EXHIBIT 10.2


ECHO BAY MINES LTD.
1210 Manulife Place
10180 - 101 Street
Edmonton, Alberta  T5J 3S4


                                          September 5, 2001



Kinross Gold Corporation
57th floor, Scotia Place
40 King Street West
Toronto, Ontario M5H 3Y2

Attention:  Robert M. Buchan

Dear Sir:

            This confirms the agreement we have reached regarding the investment
by Kinross Gold Corporation ("Kinross") in the capital securities (the
"Securities") issued by Echo Bay Mines Ltd. ("EB") pursuant to that certain
indenture dated as of March 27, 1997 between EB and Bankers Trust Company, as
amended or supplemented from time to time (the "Indenture"). Each of Kinross and
EB represents and warrants to the other that it has obtained any necessary
approvals required of its respective board of directors for the entering into of
this agreement and consummation of the transactions contemplated hereby.

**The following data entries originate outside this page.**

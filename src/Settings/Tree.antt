-- ===== src/Settings/Tree.antt =====
-- base/settings/tree.go: the services that have a weight, in the order of their weights. The map
-- `weights` holds the weight of the service at each index, so the tree is a list of pairs; Less and
-- Swap read and move both. `sort.Sort` is any function that orders such a list.
pub mod Slices
use debug_bootstrap.Prelude.{
  ℕ, suc, ◌≡◌, Bool, true, false, List, [], ◌∷◌, ◌++◌, Bytes, not, ◌&&◌, if◌then◌else◌, length, All,
  nat_beq,
}
use debug_bootstrap.Prelude.Int.{ℤ, pos, negsuc, ◌≤ℤ◌, ltz}
use debug_bootstrap.Prelude.Dict.{Dict}
use debug_bootstrap.Settings.Startup.{
  Startup, Weighed, weighs, cyclic, out_of_fuel, unknown, weight, prepare,
}
use mathlib.Core.List.{Perm}

abbrev pub Weighted : Type 0
Weighted = Startup × ℤ

-- Every weight is at most each one behind it.
abbrev pub IsSorted : List Weighted → Type 0
IsSorted [] = Unit
IsSorted ((s, w) ∷ rest) = All (λ p. w ≤ℤ p.1) rest × IsSorted rest

-- What sort.Sort does with the tree: its order among equal weights is not fixed.
pub record Sorter : Type 0 where
  pub sort : List Weighted → List Weighted
  pub sort-IsSorted : (xs : List Weighted) → IsSorted (sort xs)
  pub sort-perm : (xs : List Weighted) → Perm (sort xs) xs

-- Less
unfoldable pub less : Weighted → Weighted → Bool
less (s, v) (t, w) = ltz v w

-- The loop of GetStartupTree: services with a weight, and those with an error.
with_weight : Startup → Weighed → List Weighted × List Startup → List Weighted × List Startup
with_weight s (weighs w) (good, bad) = ((s, w) ∷ good, bad)
with_weight s cyclic (good, bad) = (good, s ∷ bad)
with_weight s out_of_fuel (good, bad) = (good, s ∷ bad)
with_weight s (unknown a) (good, bad) = (good, s ∷ bad)

unfoldable pub weigh_services :
    Dict Bytes Startup → List (Bytes × Startup) → List Weighted × List Startup
unfolding with_weight
weigh_services services [] = ([], [])
weigh_services services ((k, s) ∷ rest) =
    with_weight s (weight (suc (length services)) services [] s) (weigh_services services rest)

-- The map's order of iteration is that of the list.
unfoldable pub get_startup_tree : Sorter → Dict Bytes Startup → List Weighted × List Startup
get_startup_tree sorter startups =
    let services = prepare startups in
    let (good, bad) = weigh_services services services in (sorter.sort good, bad)

-- -1 stands for the end of the list.
unfoldable pub is_end : ℤ → Bool
is_end (pos n) = false
is_end (negsuc n) = nat_beq n 0

-- Does a weight lie in [s, e[ ?
unfoldable pub inside : ℤ → ℤ → ℤ → Bool
unfolding is_end
inside s e w = if ltz w s then false else if not (ltz w e) && not (is_end e) then false else true

-- Slice
unfoldable pub slice : ℤ → ℤ → List Weighted → List Startup
unfolding inside
slice s e [] = []
slice s e ((p, w) ∷ rest) = if inside s e w then p ∷ slice s e rest else slice s e rest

Subject
to the further provisions herein contained, this letter shall constitute a
binding agreement (the/this "Agreement") enforceable in accordance with its
terms.

            EB covenants with Kinross that it will as soon as practicable
following the entering into of this Agreement prepare and file with the
securities regulatory authorities in Canada and the United States such documents
as are necessary to allow EB to offer to holders of the Securities other than
Kinross and Franco-Nevada Mining Corporation Limited ("FN") the right to
exchange their Securities for common shares (the "Shares") in the share capital
of EB (the "Exchange Right"), on a basis whereby, if all holders of the
Securities were to exercise their Exchange Right, Shares would be issued by EB
and the ratio of ownership in EB would become 72:28 as to all present holders of
the Securities and the present holders of the Shares respectively. Kinross
represents that it beneficially owns $15.8 million in principal amount of the
Securities and agrees to exchange all, and not less than all, of the Securities
it owns, or may hereafter acquire, forthwith following the Exchange Right
becoming effective, on the same 72:28 ratio as applies in respect of the
Exchange Right, upon and subject to the preconditions set out below. In result,
following exchange, and assuming no further acquisitions of Securities, Kinross
will own approximately 57.1 million Shares. Notwithstanding the foregoing, at
any time prior to Closing (as hereinafter defined), Kinross may





sell a portion of the Securities it now owns or hereafter acquires to a
non-affiliated party such that immediately following Closing, Kinross would own
less than the approximate 57.1 million Shares it would acquire pursuant to this
Agreement. Kinross agrees, however, that the buyer of the Securities so sold by
Kinross will be obligated to exchange such Securities for Shares at Closing.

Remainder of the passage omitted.